Below is the general process that we are going to follow.

  1. Synthesize complex user queries: We will start by synthesizing 500 distinct user queries across a variety of challenging domains and tasks. These user queries will require a variety of skills and abilities, such as math, coding, logic, reasoning, and planning. They will span numerous domains, from medicine and science, to software development, and other economically valuable sectors. After initial synthesis, we will use rubrics and similar grading techniques to measure and improve the samples.

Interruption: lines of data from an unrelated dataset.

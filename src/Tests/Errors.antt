-- ===== src/Tests/Errors.antt =====
-- The theorems on errors, at inputs.
use c2pa_c.Common.{codes, some, ◌≡◌, refl, ◌≢◌, Bytes, []}
use c2pa_c.Error.{io, null_parameter, to_string, text}
use c2pa_c.Error.Convert.{from_c2pa_error, C2paError, assertion_missing}
use c2pa_c.Error.Text.{parse, parse-to_string, from_c2pa_error-text}

to_string_io : to_string (io (codes "gone")) ≡ codes "Io gone"
unfolding to_string
to_string_io = refl

parse-to_string_example : parse (to_string (io (codes "gone"))) ≡ some (io (codes "gone"))
parse-to_string_example = parse-to_string (io (codes "gone"))

abbrev missing : C2paError
missing = record { variant = assertion_missing; message = codes "url" }

from_c2pa_error-text_example :
    (text (from_c2pa_error missing) ≡ [])
    × ((s : Bytes) → from_c2pa_error missing ≢ null_parameter s)
from_c2pa_error-text_example = from_c2pa_error-text missing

  2. Synthesize CoT and Self-Critique data: The next phase will be to use a variety of automated prompt strategies to synthesize answers to the user queries. Models, such as Claude, have already demonstrated the ability to use CoT reasoning when correctly prompted. Furthermore, these models can self-critique and self-correct when prompted correctly.

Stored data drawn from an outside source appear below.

-- ===== src/Tests/Files.antt =====
-- The theorems on files and on the last error, at inputs.
use c2pa_c.Common.{ℕ, Bytes, codes, none, some, ok, ◌≡◌, refl}
use c2pa_c.Error.{io, to_string}
use c2pa_c.Error.Last.{Thread}
use c2pa_c.Memory.{World}
use c2pa_c.Sdk.{Block, c_string}
use c2pa_c.SignerInfo.{signer_of}
use c2pa_c.JsonApi.{set_base_path, choose_parent, sign_file}
use c2pa_c.JsonApi.Laws.{Chosen, sign_file-steps, choose_parent-Chosen}
use c2pa_c.CApi.Files.{c2pa_error}
use c2pa_c.CApi.Files.LastError.{c2pa_error-twice}
use c2pa_c.Tests.Demo.{demo, info, start, world}

abbrev photo : Bytes
photo = codes "in.jpg"

sign_file-steps_example :
    (m₁ m₂ m₃ : Bytes) × (k : ℕ) × (t₁ t₂ t₃ t₄ : Thread ℕ) × (demo.manifest_from_json
        (codes "{}")
        start
      ≡ some (ok m₁, t₁))
    × (set_base_path demo m₁ none t₁ ≡ some (ok m₂, t₂))
    × (choose_parent demo m₂ photo t₂ ≡ some (ok m₃, t₃))
    × (signer_of demo info t₃ ≡ some (ok k, t₄))
    × (demo.embed m₃ photo (codes "out.jpg") k t₄ ≡ some (ok (codes "jumbf"), start))
unfolding sign_file
sign_file-steps_example =
    sign_file-steps demo photo (codes "out.jpg") (codes "{}") info none (codes "jumbf") start start
      refl

choose_parent-Chosen_example : Chosen demo (codes "{}") photo start start (codes "{}")
unfolding choose_parent
choose_parent-Chosen_example =
    choose_parent-Chosen demo (codes "{}") (codes "{}") photo start start refl

abbrev after_error : World ℕ (Block demo)
after_error = record world { thread = record start { last_error = some (io (codes "gone")) } }

c2pa_error-twice_example :
    (u v : World ℕ (Block demo)) × (c2pa_error demo after_error ≡ some (6, u))
    × (u.cells 6 ≡ some (c_string (to_string (io (codes "gone")))))
    × (u.thread ≡ after_error.thread)
    × (c2pa_error demo u ≡ some (7, v))
    × (v.cells 7 ≡ some (c_string (to_string (io (codes "gone")))))
    × (v.cells 6 ≡ some (c_string (to_string (io (codes "gone")))))
unfolding to_string
c2pa_error-twice_example = c2pa_error-twice demo after_error (io (codes "gone")) refl refl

  3. Clean and Rectify Samples: By using rubrics and similar grading techniques, we will assess the quality of the CoT and self-critique samples. Furthermore, using a series of prompts, we will clean these samples such that they represent a singular, coherent response, thus ideal for a "single shot reasoner" dataset.
  4. Finetune an LLM with the toy dataset: The first model will be a pilot, more of a proof of concept. We will test it and see how it performs, and iterate accordingly.

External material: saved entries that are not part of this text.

-- ===== src/Tests/Reach.antt =====
-- A run of the module: an allocation from an empty start, a first fault in it, and what can follow.
use mathlib.Core.Option
use mathlib.Core.Path.{subst}
use netmalloc.Common.{
  ℕ, ◌≡◌, refl, sym, inl, true, ◌≤◌, ◌≢◌, ◌&&◌, Option, none, some, List, [], ◌∷◌, arith, ◌==◌,
  if◌then◌else◌, Returns, add64, sub64, rebuild,
}
use netmalloc.Align.{align_floor, align_ceil}
use netmalloc.StoredPage.{is_stored_page}
use netmalloc.MappedBuffer.{MappedBuffer, Release, get_buffer, add_buffer}
use netmalloc.Vma.{
  VmAreaStruct, Vmas, is_existing_vma, listed, structs, scan_maps, get_free_space,
  create_vm_area_struct, add_vma,
}
use netmalloc.Region.{
  RegionStruct, AreaStruct, cursor, get_region, find_region, add_region, get_free_region,
  scan_regions, append_region,
}
use netmalloc.Area.{
  Areas, area_cursor, get_area, find_area, CreateAnswers, create_region, new_container,
  is_valid_address, valid_region,
}
use netmalloc.Pager.{
  State, unmap_page, map_page, fill_buffer, put_buffer, generic_malloc_get_page,
  generic_malloc_vm_fault,
}
use netmalloc.Pager.View.Handler.{Handled}
use netmalloc.Pager.View.Unmap.{Willing}
use netmalloc.Entry.{generic_malloc, generic_free}
use netmalloc.Entry.Whole.{netfree_syscall, generic_malloc_vm_close}
use netmalloc.Entry.View.{Freed}
use netmalloc.System.Areas.{Grants}
use netmalloc.System.Steps.{WellFormed, Reachable, start, after, malloc, fault}
use netmalloc.System.Invariant.{Reachable-WellFormed}
use netmalloc.System.Netfree.{Gone, leave_maps, Reachable-Gone}
use netmalloc.System.Progress.{Reachable-Served}
use netmalloc.Pager.View.Fault.{Faulted}
use netmalloc.Pager.View.First.{Fresh}
use netmalloc.System.Reached.{Reachable-Handled, Reachable-Freed}
use netmalloc.Tests.Paging.{table, table-IsReliable, unmapping, unmapping-Willing, mapping}

abbrev pub empty : State table 0
empty = record {
  areas = record { vmas = record { heap = λ p. none; mmap = λ mm. [] }; area_list = [] };
  buffers = [];
  stored_pages = [];
  contents = λ p b. 0;
  memory = λ p. 0;
}

-- The kernel puts the structure at 9 into the map as its only one.
abbrev answers : CreateAnswers
answers = record {
  area_ok = true;
  head_free = 0;
  head_size = 0;
  vma = record {
    symbol = true;
    kzalloc = 9;
    insert_vm_struct =
        λ s mm p. some (record s { mmap = λ m. if m == mm then p ∷ [] else s.mmap m });
  };
  split_ok = true;
  append_ok = true;
}

abbrev region : RegionStruct
region = record { free = 0; size = 5000; virtual_start = 4096 }

abbrev area : AreaStruct
area = record {
  vma = 9;
  pid = 1;
  size = 8192;
  free_space = 3192;
  head_free = 0;
  head_size = 0;
  regions = region ∷ [];
}

abbrev areas : Areas
areas = record {
  vmas = record {
    heap =
        λ p. if 9 == p then some (record { vm_mm = 1; vm_start = 4096; vm_end = 12288 }) else none;
    mmap = λ mm. if mm == 1 then 9 ∷ [] else [];
  };
  area_list = area ∷ [];
}

abbrev allocated : State table 0
allocated = record empty { areas = areas }

allocation :
    generic_malloc table 0 answers (unmapping 0) (unmapping 0) empty 1 1 5000
    ≡ some (allocated, some 4096)
unfolding generic_malloc create_region new_container add_vma create_vm_area_struct structs scan_maps
    align_ceil add_region get_free_region scan_regions rebuild append_region sub64 add64 unmap_page
    get_buffer
allocation = refl

-- The only list of structures of the empty map.
gap_start :
    (l : List VmAreaStruct) → structs empty.areas.vmas [] ≡ some l → get_free_space l 8192 ≤ 8192
unfolding structs get_free_space scan_maps
gap_start l e =
    let q : ◌≡◌ {A = List VmAreaStruct} [] l = cc in
    subst (λ x. get_free_space x 8192 ≤ 8192) q (omega arith)

insert-heap :
    (t u : Vmas) (mmap : ℕ → List ℕ) (q : ℕ) (v : VmAreaStruct)
    → some (record t { mmap = mmap }) ≡ some u
    → u.heap q ≡ some v
    → t.heap q ≡ some v
insert-heap t u mmap q v e h =
    let same : record t { mmap = mmap } ≡ u = cc in subst (λ x. x.heap q ≡ some v) (sym same) h

empty-Grants : Grants answers 8192 empty.areas 1 5000
unfolding align_ceil add64
empty-Grants = record {
  fresh = λ h. tt;
  head = omega arith;
  gap = gap_start;
  inserts = λ t m p u e q v h. (v, insert-heap t u _ q v e h, refl);
  null = refl;
}

first_Fresh : Fresh [] 1 mapping.buffer
unfolding get_buffer
first_Fresh = record {
  kmalloc = refl;
  buffer = omega arith;
  cache = omega arith;
  apart = omega arith;
  private = λ p c h away. absurd (ground arith);
  private_cache = λ p c h away. absurd (ground arith);
}

Reachable-Served_example :
    (vma : ℕ) × (v : VmAreaStruct) × (areas.vmas.heap vma ≡ some v)
    × Returns
        (Faulted table 0 table-IsReliable allocated 1 4096 vma)
        (generic_malloc_vm_fault table 0 (unmapping 0) mapping allocated 1 4096 vma)
unfolding align_floor
Reachable-Served_example =
    Reachable-Served table 0 table-IsReliable 8192 empty allocated answers (unmapping 0)
      (unmapping 0) (unmapping 0) mapping 1 1 5000 4096 5000 (start (omega arith) refl refl refl)
      empty-Grants refl (omega arith) allocation refl (omega arith) (omega arith)
      (inl (unfold get_buffer in refl, first_Fresh)) refl

abbrev buffer : MappedBuffer
buffer = record {
  buffer = 300;
  vma = 9;
  start = 4096;
  pid = 1;
  cache = 400;
  cache_vma = 0;
  cache_start = 0;
}

abbrev pub faulted : State table 0
faulted = record allocated { buffers = buffer ∷ []; memory = λ p. if 300 == p then 0 else 0 }

first_fault :
    generic_malloc_vm_fault table 0 (unmapping 0) mapping allocated 1 4096 9
    ≡ some (faulted, some 300)
unfolding generic_malloc_vm_fault generic_malloc_get_page is_valid_address valid_region align_floor
    align_ceil unmap_page map_page get_buffer add_buffer fill_buffer put_buffer is_stored_page add64
first_fault = refl

pub run : Reachable table 0 13192 faulted
unfolding get_buffer
run =
    after
      (after (start (omega arith) refl refl refl) (
        malloc answers (unmapping 0) (unmapping 0) 1 1 5000 (some 4096) empty-Grants (omega arith)
          allocation))
      (fault (unmapping 0) mapping 1 4096 9 (some 300) (λ b h. absurd (ground arith))
        (λ h k. (omega arith, λ q c e. absurd (ground arith))) first_fault)

Reachable-WellFormed_example : WellFormed table 0 13192 faulted
Reachable-WellFormed_example = Reachable-WellFormed table 0 13192 faulted run

Reachable-Handled_example :
    Returns
      (Handled table 0 table-IsReliable faulted 1 8192 9)
      (generic_malloc_vm_fault table 0 (unmapping 0) mapping faulted 1 8192 9)
Reachable-Handled_example =
    Reachable-Handled table 0 table-IsReliable 13192 faulted (unmapping 0) mapping buffer 8192 9 run
      (omega arith) (unfold get_buffer in refl) (omega arith) (omega arith) (λ h. omega arith)
      (λ h. absurd (h refl)) refl

get_area-9 : get_area areas 1 4096 ≡ some (some (area_cursor [] area []))
unfolding get_area find_area
get_area-9 = refl

get_region-4096 : get_region area 4096 ≡ some (cursor [] region [])
unfolding get_region find_region
get_region-4096 = refl

-- What the kernel has to grant before the buffer's pages are unmapped.
abbrev Unmappable : MappedBuffer → Type 0
Unmappable b =
    (b.vma ≢ 0 → (is_existing_vma areas.vmas b.vma ≡ some true) × Willing (unmapping 300) b.buffer)
    × (b.cache_vma ≢ 0
        → (is_existing_vma areas.vmas b.cache_vma ≡ some true) × Willing (unmapping 400) b.cache)

unmaps : (b : MappedBuffer) → get_buffer 1 faulted.buffers ≡ some b → Unmappable b
unfolding get_buffer is_existing_vma listed
unmaps b e =
    let q : buffer ≡ b = cc in
    subst Unmappable q (λ h. (refl, unmapping-Willing 300), λ h. absurd (h refl))

Reachable-Freed_example :
    Returns
      (λ out.
        (lo : ℕ) × Freed table 0 table-IsReliable faulted 1 lo 13192
          (area_cursor [] area [])
          (cursor [] region [])
          out)
      (generic_free table 0 (unmapping 300) (unmapping 400) faulted 1 4096)
Reachable-Freed_example =
    Reachable-Freed table 0 table-IsReliable 13192 faulted (unmapping 300) (unmapping 400) 1 4096
      (area_cursor [] area []) (cursor [] region []) run (omega arith) get_area-9 get_region-4096
      unmaps

-- The kernel that knows one structure: it calls the handler and empties the map.
abbrev munmap : State table 0 → ℕ → ℕ → ℕ → Option (State table 0 × List Release)
munmap u mm address len =
    if address == 4096 && len == 8192
    then Option.map (leave_maps table 0 table-IsReliable empty.areas.vmas)
        (generic_malloc_vm_close table 0 u 9)
    else none

Reachable-Gone_example :
    Returns
      (Gone table 0 table-IsReliable faulted (area_cursor [] area []) 1 empty.areas.vmas)
      (netfree_syscall table 0 munmap true (unmapping 300) (unmapping 400) faulted 1 4096)
unfolding sub64
Reachable-Gone_example =
    Reachable-Gone table 0 table-IsReliable 13192 faulted (unmapping 300) (unmapping 400) 1 4096
      (area_cursor [] area []) region (record { vm_mm = 1; vm_start = 4096; vm_end = 12288 })
      empty.areas.vmas munmap run (omega arith) get_area-9 get_region-4096 tt refl unmaps
      (λ u e. refl)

  5. Scale Up and Seek Funding: Assuming we get acceptable results, we might try to seek funding for a larger dataset with more robust testing and benchmarking. We will need to ensure that this open source dataset covers many tasks and domains, and that it is easily usable and adaptable to multiple frameworks and architectures. Likely try and kickstart a project from Manifund. https://manifund.org/

Outcomes

Here are the primary outcomes we are looking to achieve.

  1. Open Source Finetuning Dataset(s): We would like to produce at least one dataset for finetuning models to approximate CoT, MCTS, and Reflection performance.
  2. Near-SOTA Benchmarks: We would like to demonstrate near-SOTA performance on reasoning and other benchmarks. We're not trying to achieve SOTA as we are much less funded.
  3. Open Source RL-trained Model: Ideally, we'll use reinforcement learning to publish the weights of an open source model.